Provide the number of lines below that include "Bool", without any other words.
-- Opening Marker --
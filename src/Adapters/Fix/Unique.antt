-- ===== src/Adapters/Fix/Unique.antt =====
-- Lists of symbols in which none stands twice, for `FixSubNode`.
use mathlib.Core.Path.{ap₂}
use wingfoil.Base.{
  ◌≡◌, refl, sym, ap, ◌∙◌, ◌⊎◌, Bool, true, false, ◌||◌, List, [], ◌∷◌, ◌++◌, ◌==◌, All, arith,
  Bool-cases, inl, inr, ==_iff,
}
use wingfoil.Adapters.Fix.Decimal.{Text}
use wingfoil.Adapters.Fix.Session.{text_eq}
use wingfoil.Adapters.Fix.Subscribe.{contains}

pub text_eq_refl : (s : Text) → text_eq s s ≡ true
text_eq_refl [] = refl
text_eq_refl (a ∷ s) = let e : (a == a) ≡ true = ground arith in rw (e, text_eq_refl s) refl

pub text_eq→≡ : (s t : Text) → text_eq s t ≡ true → s ≡ t
text_eq→≡ [] [] h = refl
text_eq→≡ [] (b ∷ t) h = cc
text_eq→≡ (a ∷ s) [] h = cc
text_eq→≡ (a ∷ s) (b ∷ t) h = elim (Bool-cases (a == b)) [
  | inl e ↦ ap₂ (λ x xs. x ∷ xs) ((==_iff a b).0 e) (text_eq→≡ s t (rw e at h))
  | inr e ↦ let bad : false ≡ true = rw e at h in absurd (cc)
]

text_eq_sym : (s t : Text) → text_eq s t ≡ false → text_eq t s ≡ false
text_eq_sym s t h = elim (Bool-cases (text_eq t s)) [
  | inr e ↦ e
  | inl e ↦
      let same : text_eq s t ≡ true =
        ap (λ x. text_eq x t) (sym (text_eq→≡ t s e)) ∙ text_eq_refl t in
      absurd (cc)
]

-- No text stands twice.
abbrev pub Unique : List Text → Type 0
Unique [] = Unit
Unique (x ∷ l) = (contains x l ≡ false) × Unique l

contains-snoc :
    (l : List Text) (x y : Text) → contains y (l ++ x ∷ []) ≡ (contains y l || text_eq x y)
contains-snoc [] x y = go (text_eq x y)
  where
    go : (b : Bool) → (b || false) ≡ b
    go true = refl
    go false = refl
contains-snoc (z ∷ l) x y = elim (Bool-cases (text_eq z y)) [
  | inl e ↦ rw e refl
  | inr e ↦ rw (e, contains-snoc l x y) refl
]

pub Unique-snoc :
    (l : List Text) (x : Text) → Unique l → contains x l ≡ false → Unique (l ++ x ∷ [])
Unique-snoc [] x h new = (refl, tt)
Unique-snoc (y ∷ l) x h new = elim (Bool-cases (text_eq y x)) [
  | inl e ↦ let bad : true ≡ false = rw e at new in absurd (cc)
  | inr e ↦
      (contains-snoc l x y ∙ rw (h.0, text_eq_sym y x e) refl, Unique-snoc l x h.1 (rw e at new))
]

pub contains-old :
    (l : List Text) (x y : Text) → contains y l ≡ true → contains y (l ++ x ∷ []) ≡ true
contains-old l x y h = contains-snoc l x y ∙ rw h refl

pub contains-new : (l : List Text) (x : Text) → contains x (l ++ x ∷ []) ≡ true
contains-new l x = contains-snoc l x x ∙ rw (text_eq_refl x) (or_true (contains x l))
  where
    or_true : (b : Bool) → (b || true) ≡ true
    or_true true = refl
    or_true false = refl

pub or_left : (a b : Bool) → a ≡ true → (a || b) ≡ true
or_left a b h = rw h refl

pub or_right : (a b : Bool) → b ≡ true → (a || b) ≡ true
or_right true b h = refl
or_right false b h = h

pub or_cases : (a b : Bool) → (a || b) ≡ true → (a ≡ true) ⊎ (b ≡ true)
or_cases true b h = inl refl
or_cases false b h = inr h

pub every :
    {P : Text → Type 0} → (l : List Text) → ((x : Text) → contains x l ≡ true → P x) → All P l
every [] f = tt
every (x ∷ l) f = (
  f x (or_left _ (contains x l) (text_eq_refl x)),
  every l (λ y h. f y (or_right (text_eq x y) _ h)),
)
-- Closing Marker --
▶ _Output of the task_
11